Preliminary Results (Prototype model)

U-Net

The figure above illustrates the performance of our prototype on images from the validation set. The top-row displays three cone-beam CT slices reconstructed from 1-minute scans (input data). The middle row shows the improvements made by our model (predictions). The bottom row shows the ground-truth (high-quality images).

Quantitative assessment of the prototype performance

In deep learning applications to enhance image data, the mean-square-error loss function (applied on a pixel-by-pixel basis) is often used. However, different groups have shown that the selection of a loss function, more relevant to the imaging-task at hand, can greatly improve the overall performance of the model. For instance, Zhao et al 2015 proposed several alternatives to the mean-square-error loss function for de-noising, super-resolution, and JPEG artifacts removal. The authors proposed a loss function which is a combination of the mean-absolute-error and the structural similarity. Read the study here: https://arxiv.org/abs/1511.08861.

Another very recent study by Taghanaki et al 2018 showed that a simple network with the proper loss function can outperform more complex architectures (e.g. networks with skip connections) in image segmentation tasks. Read their work here: https://arxiv.org/abs/1805.02798

In light of these results, we decided to investigate the following research question:

  1. Using the U-Net architecture, what is the optimum loss-fuction for denoising and artifact removal of 4-D cone-beam CT images? To this end, we evaluated the performance of our prototype model with the following loss functions:
  • Loss A: mean-squared error
  • Loss B: mean-absolute error
  • Loss C: structural similarity
  • Loss D: 0.75 * (mean-square error) + 0.25 * (structural similarity)

We assessed the performance of each trained version of our prototype model by evaluating multiple metrics (mean-square error, mean-absolute error, peak signal-to-noise ratio and structural similarity) on the test dataset (i.e., images of patients that were not shown during training). In particular, we computed these metrics on both the entire image of each patient and also within the patient body only. The patient body on each image was segmented using a region growing algorithm (available on the SimpleITK library for python. The code is available in my repository).
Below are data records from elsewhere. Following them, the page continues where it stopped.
-- ===== src/Lifetime/Runs.antt =====
-- Sequences of what users and peers do.
use ctaps.Prelude.{
  ℕ, ◌+◌, ◌<◌, ◌≡◌, refl, ap, subst, ◌∙◌, ◌↔◌, inr, Bool, true, false, none, some, List, [], ◌∷◌,
  arith, count,
}
use ctaps.Lifetime.{
  Group, Manager, Connection, Heap, Run, then_run, size_max, int_max, has, find, Op, client, server,
  clone, free, listen, unlisten, apply,
}
use ctaps.Lifetime.Counts.{
  in_group, uses, one, IsCounted, count-without, allocated_of_pos, refs_of_allocated,
}
use ctaps.Lifetime.Safety.{Ends, eq_self, client-Ends, server-Ends, clone-Ends}
use ctaps.Lifetime.Freeing.{free-Ends, listen-Ends, unlisten-Ends}

-- What is asked of a step: new memory is not allocated already, a peer's connection comes through a
-- listener, and a connection that is cloned or freed is there; a clone's UUID is new to its group;
-- and the counts that go up have room, of an `int` for the manager and of a `size_t` for the group.
abbrev pub Permitted : Op → Heap → Type 0
Permitted (client u i m) s = ((s.groups i).allocated ≡ false) × ((s.managers m).allocated ≡ false)
Permitted (server u i m) s =
    ((s.groups i).allocated ≡ false)
    × ((s.managers m).has_listener ≡ true)
    × ((s.managers m).ref_count < int_max)
Permitted (clone c u) s =
    (find c.uuid s.connections ≡ some c)
    × (i : ℕ) × (c.group ≡ some i)
    × (has u (s.groups i).connections ≡ false)
    × ((s.groups i).ref_count < size_max)
    × ((s.managers c.manager).ref_count < int_max)
Permitted (free c) s = find c.uuid s.connections ≡ some c
Permitted (listen m) s = (s.managers m).allocated ≡ false
Permitted (unlisten m) s = (s.managers m).has_listener ≡ true

unfoldable pub apply_all : List Op → Heap → Run
apply_all [] s = some s
apply_all (o ∷ os) s = then_run (apply o s) (apply_all os)

abbrev pub After : Run → (Heap → Type 0) → Type 0
After none P = Unit {0}
After (some t) P = P t

abbrev pub AllPermitted : List Op → Heap → Type 0
AllPermitted [] s = Unit {0}
AllPermitted (o ∷ os) s = Permitted o s × After (apply o s) (AllPermitted os)

count_pos :
    (p : Connection → Bool) (s : Heap) (c : Connection)
    → find c.uuid s.connections ≡ some c
    → p c ≡ true
    → 0 < count p s.connections
count_pos p s c f h = ground (arith, h, count-without p c.uuid s.connections c f)

apply-Ends : (o : Op) (s : Heap) → IsCounted s → Permitted o s → Ends (apply o s)
unfolding apply
apply-Ends (client u i m) s v p = client-Ends s v u i m p.0 p.1
apply-Ends (server u i m) s v p =
    server-Ends s v u i m p.0 (allocated_of_pos (v.managers m) (ground (arith, p.1))) p.2
apply-Ends (clone c u) s v (f, i, g, n, k, l) =
    clone-Ends s v u i c f g n
      (allocated_of_pos (v.groups i) (count_pos (in_group i) s c f (rw g (eq_self i))))
      (allocated_of_pos (v.managers c.manager)
        (ground (arith, count_pos (uses c.manager) s c f (eq_self c.manager))))
      k l
apply-Ends (free c) s v p = free-Ends s v c p
apply-Ends (listen m) s v p = listen-Ends s v m p
apply-Ends (unlisten m) s v p = unlisten-Ends s v m p

apply_all-Ends : (os : List Op) (s : Heap) → IsCounted s → AllPermitted os s → Ends (apply_all os s)
unfolding apply_all
apply_all-Ends [] s v p = (s, refl, v)
apply_all-Ends (o ∷ os) s v p =
    let (t, e, w) = apply-Ends o s v p.0 in
    let (r, f, x) = apply_all-Ends os t w (subst (λ y. After y (AllPermitted os)) e p.1) in
    (r, ap (λ y. then_run y (apply_all os)) e ∙ f, x)

abbrev pub no_group : Group
no_group = record { ref_count = 0; connections = []; allocated = false }

abbrev pub no_manager : Manager
no_manager = record { ref_count = 0; all_connections = []; has_listener = false; allocated = false }

abbrev pub nothing : Heap
nothing = record { groups = λ i. no_group; managers = λ m. no_manager; connections = [] }

nothing-IsCounted : IsCounted nothing
nothing-IsCounted = record {
  groups = λ i. inr (refl, refl);
  managers = λ m. inr (refl, omega arith);
}

-- Any sequence of making, cloning and freeing connections and of making and freeing listeners runs
-- without the use of memory that is not allocated: from nothing allocated, with addresses that are
-- free for what is made, UUIDs that are new to their groups, counts that have room (fewer than
-- 2 ^ 31 - 1 references to a socket manager), and each connection and listener freed
-- at most once and not used after that. At its end exactly those groups are allocated that a
-- connection belongs to, and exactly those socket managers that a connection or a listener uses.
pub apply_all-allocated :
    (os : List Op)
    → AllPermitted os nothing
    → (t : Heap) × (apply_all os nothing ≡ some t)
      × ((i : ℕ) → ((t.groups i).allocated ≡ true) ↔ (0 < count (in_group i) t.connections))
      × ((m : ℕ)
          → ((t.managers m).allocated ≡ true)
            ↔ (0 < count (uses m) t.connections + one (t.managers m).has_listener))
apply_all-allocated os p =
    let (t, e, v) = apply_all-Ends os nothing nothing-IsCounted p in
    (
      t,
      e,
      λ i. ((λ a. (refs_of_allocated (v.groups i) a).1), allocated_of_pos (v.groups i)),
      λ m. ((λ a. (refs_of_allocated (v.managers m) a).1), allocated_of_pos (v.managers m)),
    )
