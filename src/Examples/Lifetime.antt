-- ===== src/Examples/Lifetime.antt =====
-- The theorem on lifetimes, at a concrete input.
use ctaps.Prelude.{arith, ℕ, ◌+◌, ◌<◌, ◌≡◌, refl, ◌↔◌, true, some, List, [], ◌∷◌, count}
use ctaps.Lifetime.{
  Connection, Heap, Op, server, clone, free, listen, unlisten, apply, create_server_connection,
  create_clone, connection_free, listener_new, listener_free, group_new, manager_new, manager_ref,
  manager_unref, manager_add_connection, group_add_connection, group_unref, find, without,
}
use ctaps.Lifetime.Counts.{in_group, uses, one}
use ctaps.Lifetime.Runs.{AllPermitted, apply_all, nothing, apply_all-allocated}

abbrev first : Connection
first = record { uuid = 7; group = some 1; manager = 0 }

abbrev second : Connection
second = record { uuid = 8; group = some 1; manager = 0 }

-- A listener takes a connection, which is cloned; then all but the clone is freed.
abbrev ops : List Op
ops = listen 0 ∷ server 7 1 0 ∷ clone first 8 ∷ free first ∷ unlisten 0 ∷ []

ops-AllPermitted : AllPermitted ops nothing
unfolding apply listener_new manager_new manager_ref create_server_connection group_new
    group_add_connection manager_add_connection create_clone connection_free group_unref
    manager_unref listener_free find without
ops-AllPermitted = (
  refl,
  (
    (refl, refl, omega arith),
    ((refl, 1, refl, refl, omega arith, omega arith), (refl, (refl, tt))),
  ),
)

apply_all-allocated_example :
    (t : Heap) × (apply_all ops nothing ≡ some t)
    × ((i : ℕ) → ((t.groups i).allocated ≡ true) ↔ (0 < count (in_group i) t.connections))
    × ((m : ℕ)
        → ((t.managers m).allocated ≡ true)
          ↔ (0 < count (uses m) t.connections + one (t.managers m).has_listener))
apply_all-allocated_example = apply_all-allocated ops ops-AllPermitted
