-- ===== src/App/Invariant/Connecting.antt =====
-- src/app.rs, `tick`: the order of the application on the way into a connection.
use sony_buds_tray_control.App.Connection.{
  connect_with, drive_connecting, repainted, start_engine, unwrap_or_default,
}
use sony_buds_tray_control.App.Defs.{AppCore, Outside, at_world, connect_timeout}
use sony_buds_tray_control.App.Invariant.{Armed, Kept, LinkOk, fail_connect-AppOk}
use sony_buds_tray_control.App.Invariant.Command.{Requested, requested}
use sony_buds_tray_control.Device.Engine.{Engine, EngineError, new}
use sony_buds_tray_control.Device.Engine.Build.Keeps.{request_init-Few}
use sony_buds_tray_control.Device.Engine.Build.Request.{request_init}
use sony_buds_tray_control.Device.Engine.Build.Total.{request_init-Started}
use sony_buds_tray_control.Prelude.{
  Option, Option-cases, Result, Result-cases, arith, err, inl, inr, none, ok, refl, some, subst,
  sym, ℕ, ◌≡◌,
}

request_init-Requested : (now : ℕ) → Requested (request_init now new)
request_init-Requested now =
    requested _ (request_init-Started now new (omega arith, tt))
      (request_init-Few now new (omega arith))

module _ {W C : Type 0} (out : Outside W C) where
  started :
      (c : C) (app : AppCore W C) (r : Option (Result EngineError (Unit {0}) × Engine))
      → request_init (out.now app.world).0 new ≡ r
      → Requested r
      → app.engine ≡ none
      → Armed app.config app.reconnect
      → Kept (start_engine out c app)
  unfolding start_engine
  started c app none h fine idle armed = absurd fine
  started c app (some (ok _, e)) h fine idle armed =
      rw (start_engine, h) ((refl, refl), fine, inl refl)
  started c app (some (err _, e)) h fine idle armed =
      rw (start_engine, h) (idle, subst LinkOk (sym idle) tt, armed)

  connect_with-Kept :
      (c : C) (app : AppCore W C)
      → app.engine ≡ none
      → Armed app.config app.reconnect
      → Kept (connect_with out c app)
  unfolding connect_with
  connect_with-Kept c app idle armed =
      let mac = unwrap_or_default app.connected_mac in
      let dialled = out.connect_within connect_timeout mac c app.world in
      elim (Option-cases dialled.0) [
        | inl late ↦
            rw (connect_with, late) (fail_connect-AppOk out _ (at_world dialled.2 app) idle armed)
        | inr (r, h) ↦ elim (Result-cases r) [
          | inl (_, done') ↦
              rw (connect_with, h, done')
                (started dialled.1 (at_world dialled.2 app) _ refl (request_init-Requested _) idle
                  armed)
          | inr (e, refused') ↦
              rw (connect_with, h, refused')
                (fail_connect-AppOk out _ (at_world dialled.2 app) idle armed)
        ]
      ]

  repainted-Kept : (r : Option (AppCore W C)) → Kept r → Kept (repainted r)
  repainted-Kept none good = good
  repainted-Kept (some app) good = good

  pub drive_connecting-Kept :
      (app : AppCore W C)
      → app.engine ≡ none
      → Armed app.config app.reconnect
      → Kept (drive_connecting out app)
  unfolding drive_connecting
  drive_connecting-Kept app idle armed =
      elim (Result-cases (out.create app.transport_kind app.world).0) [
        | inl (c, made) ↦
            rw (drive_connecting, made)
              (repainted-Kept _ (
                connect_with-Kept c (at_world (out.create app.transport_kind app.world).1 app) idle
                  armed))
        | inr (e, failed') ↦
            rw (drive_connecting, failed')
              (fail_connect-AppOk out e (at_world (out.create app.transport_kind app.world).1 app)
                idle armed)
      ]
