-- ===== src/Device/Engine/Commit.antt =====
-- src/device/engine.rs, `PropCommit::apply`: what an acknowledged command does to the settable values. The
-- code takes over the values of the moment, which the command carried only if the user has not changed
-- them since it was sent.
use sony_buds_tray_control.Device.Engine.Defs.{
  PropCommit, apply, auto_pause, auto_power_off, bgm_mode, eq_config, eq_preset, gs1, gs2, gs3, gs4,
  head_gesture, nc_asm_button, nc_asm_group, play_volume, shutdown, stc_enabled, stc_ext,
  touch_functions, upmix_cinema, upscaling, voice_guidance_enabled, voice_guidance_volume, wait_eq,
}
use sony_buds_tray_control.Device.Properties.{Properties}
use sony_buds_tray_control.Device.State.{Prop, commit, dirty, request_eq}
use sony_buds_tray_control.Prelude.{
  Bool, PartialEq, arith, bool_eq, false, if◌then◌else◌, int_eq, list_eq, nat_eq, option_eq, refl,
  ℕ, ◌==◌, ◌||◌, ◌≡◌,
}
use sony_buds_tray_control.Protocol.Enums.{
  auto_power_off_elements_enum, detect_sensitivity_enum, enum_eq, eq_preset_id_enum, function_enum,
  mode_out_time_enum, nc_asm_mode_enum, noise_adaptive_sensitivity_enum, playback_control_enum,
  preset_enum, room_size_enum,
}

pub dirty-commit : {A : Type 0} ⦃e : PartialEq A⦄ (p : Prop A) → dirty (commit p) ≡ false
dirty-commit ⦃e⦄ p = rw ((e.beq_iff p.desired p.desired).1 refl) refl

pub both : {a b : Bool} → a ≡ false → b ≡ false → (a || b) ≡ false
both h k = rw (h, k) refl

-- The values that a commit is about are out of date.
abbrev pub pending : PropCommit → Properties → Bool
pending shutdown p = dirty p.shutdown
pending nc_asm_group p =
    dirty p.nc_asm_enabled
    || dirty p.nc_asm_mode
    || dirty p.nc_asm_ambient_level
    || dirty p.nc_asm_focus_on_voice
    || dirty p.nc_asm_auto_asm_enabled
    || dirty p.nc_asm_noise_adaptive_sensitivity
pending nc_asm_button p = dirty p.nc_asm_button_function
pending play_volume p = dirty p.play_volume
pending stc_enabled p = dirty p.speak_to_chat_enabled
pending stc_ext p = dirty p.speak_to_chat_detect_sensitivity || dirty p.speak_to_mode_out_time
pending bgm_mode p = dirty p.bgm_mode_enabled || dirty p.bgm_mode_room_size
pending upmix_cinema p = dirty p.upmix_cinema_enabled
pending eq_preset p = dirty p.eq_preset_id
pending eq_config p = dirty p.eq_config || dirty p.eq_clear_bass
pending upscaling p = dirty p.upscaling_enabled
pending auto_power_off p = dirty p.auto_power_off
pending auto_pause p = dirty p.auto_pause_enabled
pending voice_guidance_enabled p = dirty p.voice_guidance_enabled
pending voice_guidance_volume p = dirty p.voice_guidance_volume
pending touch_functions p = dirty p.touch_function_left || dirty p.touch_function_right
pending head_gesture p = dirty p.head_gesture_enabled
pending gs1 p = dirty p.gs_param_bool.at0
pending gs2 p = dirty p.gs_param_bool.at1
pending gs3 p = dirty p.gs_param_bool.at2
pending gs4 p = dirty p.gs_param_bool.at3

-- The values that a commit is about are up to date behind it.
pending-apply_same : (c : PropCommit) (p : Properties) → pending c (apply c p) ≡ false
unfolding apply
pending-apply_same shutdown p = dirty-commit p.shutdown
pending-apply_same nc_asm_group p =
    both
      (both
        (both
          (both (both (dirty-commit p.nc_asm_enabled) (dirty-commit p.nc_asm_mode))
            (dirty-commit p.nc_asm_ambient_level))
          (dirty-commit p.nc_asm_focus_on_voice))
        (dirty-commit p.nc_asm_auto_asm_enabled))
      (dirty-commit p.nc_asm_noise_adaptive_sensitivity)
pending-apply_same nc_asm_button p = dirty-commit p.nc_asm_button_function
pending-apply_same play_volume p = dirty-commit p.play_volume
pending-apply_same stc_enabled p = dirty-commit p.speak_to_chat_enabled
pending-apply_same stc_ext p =
    both (dirty-commit p.speak_to_chat_detect_sensitivity) (dirty-commit p.speak_to_mode_out_time)
pending-apply_same bgm_mode p =
    both (dirty-commit p.bgm_mode_enabled) (dirty-commit p.bgm_mode_room_size)
pending-apply_same upmix_cinema p = dirty-commit p.upmix_cinema_enabled
pending-apply_same eq_preset p = dirty-commit p.eq_preset_id
pending-apply_same eq_config p = both (dirty-commit p.eq_config) (dirty-commit p.eq_clear_bass)
pending-apply_same upscaling p = dirty-commit p.upscaling_enabled
pending-apply_same auto_power_off p = dirty-commit p.auto_power_off
pending-apply_same auto_pause p = dirty-commit p.auto_pause_enabled
pending-apply_same voice_guidance_enabled p = dirty-commit p.voice_guidance_enabled
pending-apply_same voice_guidance_volume p = dirty-commit p.voice_guidance_volume
pending-apply_same touch_functions p =
    both (dirty-commit p.touch_function_left) (dirty-commit p.touch_function_right)
pending-apply_same head_gesture p = dirty-commit p.head_gesture_enabled
pending-apply_same gs1 p = dirty-commit p.gs_param_bool.at0
pending-apply_same gs2 p = dirty-commit p.gs_param_bool.at1
pending-apply_same gs3 p = dirty-commit p.gs_param_bool.at2
pending-apply_same gs4 p = dirty-commit p.gs_param_bool.at3

abbrev index : PropCommit → ℕ
index shutdown = 0
index nc_asm_group = 1
index nc_asm_button = 2
index play_volume = 3
index stc_enabled = 4
index stc_ext = 5
index bgm_mode = 6
index upmix_cinema = 7
index eq_preset = 8
index eq_config = 9
index upscaling = 10
index auto_power_off = 11
index auto_pause = 12
index voice_guidance_enabled = 13
index voice_guidance_volume = 14
index touch_functions = 15
index head_gesture = 16
index gs1 = 17
index gs2 = 18
index gs3 = 19
index gs4 = 20

-- The same group of values.
abbrev pub same_group : PropCommit → PropCommit → Bool
same_group c c' = index c == index c'

-- Every value as the user wants it.
abbrev pub wanted : Properties → Properties
wanted p = record {
  shutdown = commit p.shutdown;
  nc_asm_enabled = commit p.nc_asm_enabled;
  nc_asm_mode = commit p.nc_asm_mode;
  nc_asm_ambient_level = commit p.nc_asm_ambient_level;
  nc_asm_focus_on_voice = commit p.nc_asm_focus_on_voice;
  nc_asm_auto_asm_enabled = commit p.nc_asm_auto_asm_enabled;
  nc_asm_noise_adaptive_sensitivity = commit p.nc_asm_noise_adaptive_sensitivity;
  nc_asm_button_function = commit p.nc_asm_button_function;
  play_volume = commit p.play_volume;
  play_control = commit p.play_control;
  speak_to_chat_enabled = commit p.speak_to_chat_enabled;
  speak_to_chat_detect_sensitivity = commit p.speak_to_chat_detect_sensitivity;
  speak_to_mode_out_time = commit p.speak_to_mode_out_time;
  bgm_mode_enabled = commit p.bgm_mode_enabled;
  bgm_mode_room_size = commit p.bgm_mode_room_size;
  upmix_cinema_enabled = commit p.upmix_cinema_enabled;
  eq_available = commit p.eq_available;
  eq_preset_id = commit p.eq_preset_id;
  eq_clear_bass = commit p.eq_clear_bass;
  eq_config = commit p.eq_config;
  upscaling_enabled = commit p.upscaling_enabled;
  auto_power_off = commit p.auto_power_off;
  auto_pause_enabled = commit p.auto_pause_enabled;
  voice_guidance_enabled = commit p.voice_guidance_enabled;
  voice_guidance_volume = commit p.voice_guidance_volume;
  touch_function_left = commit p.touch_function_left;
  touch_function_right = commit p.touch_function_right;
  head_gesture_enabled = commit p.head_gesture_enabled;
  gs_param_bool = record {
    at0 = commit p.gs_param_bool.at0;
    at1 = commit p.gs_param_bool.at1;
    at2 = commit p.gs_param_bool.at2;
    at3 = commit p.gs_param_bool.at3;
  };
  multipoint_request = commit p.multipoint_request;
}

-- An acknowledged command changes nothing that the user wants. None of the group of values that it is
-- about is pending behind it: each is what the user wants when the acknowledgement arrives. Every other
-- group is pending exactly if it was.
pub pending-apply :
    (c c' : PropCommit) (p : Properties)
    → (wanted (apply c p) ≡ wanted p)
      × (pending c' (apply c p) ≡ (if same_group c c' then false else pending c' p))
unfolding apply
pending-apply shutdown c' p = (refl, ground (arith, pending-apply_same shutdown p))
pending-apply nc_asm_group c' p = (refl, ground (arith, pending-apply_same nc_asm_group p))
pending-apply nc_asm_button c' p = (refl, ground (arith, pending-apply_same nc_asm_button p))
pending-apply play_volume c' p = (refl, ground (arith, pending-apply_same play_volume p))
pending-apply stc_enabled c' p = (refl, ground (arith, pending-apply_same stc_enabled p))
pending-apply stc_ext c' p = (refl, ground (arith, pending-apply_same stc_ext p))
pending-apply bgm_mode c' p = (refl, ground (arith, pending-apply_same bgm_mode p))
pending-apply upmix_cinema c' p = (refl, ground (arith, pending-apply_same upmix_cinema p))
pending-apply eq_preset c' p = (refl, ground (arith, pending-apply_same eq_preset p))
pending-apply eq_config c' p = (refl, ground (arith, pending-apply_same eq_config p))
pending-apply upscaling c' p = (refl, ground (arith, pending-apply_same upscaling p))
pending-apply auto_power_off c' p = (refl, ground (arith, pending-apply_same auto_power_off p))
pending-apply auto_pause c' p = (refl, ground (arith, pending-apply_same auto_pause p))
pending-apply voice_guidance_enabled c' p =
    (refl, ground (arith, pending-apply_same voice_guidance_enabled p))
pending-apply voice_guidance_volume c' p =
    (refl, ground (arith, pending-apply_same voice_guidance_volume p))
pending-apply touch_functions c' p = (refl, ground (arith, pending-apply_same touch_functions p))
pending-apply head_gesture c' p = (refl, ground (arith, pending-apply_same head_gesture p))
pending-apply gs1 c' p = (refl, ground (arith, pending-apply_same gs1 p))
pending-apply gs2 c' p = (refl, ground (arith, pending-apply_same gs2 p))
pending-apply gs3 c' p = (refl, ground (arith, pending-apply_same gs3 p))
pending-apply gs4 c' p = (refl, ground (arith, pending-apply_same gs4 p))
The results are shown in the four figures below. Overall, we do observe an improvement in all the image quality metrics with respect to the initial 'un-enhanced' images (referred to as 'Original' in the figures).

per

per2

Future work

Our prototype was built to improve the quality of the reconstructed images. One limitation of this approach is that the performance of the model will depend on the quality/artifacts present on the input images. Such quality of inputs also is sensitive to the method applied to reconstruct the measured projection data. To overcome this limitation, and to generalize our model as much as possible, we are investigating the following research question:

  1. Can we build a deep learning model that improves the quality of the measured projection data (i.e., the sinograms)? How does the performance of such model compares to the performance of our current prototype?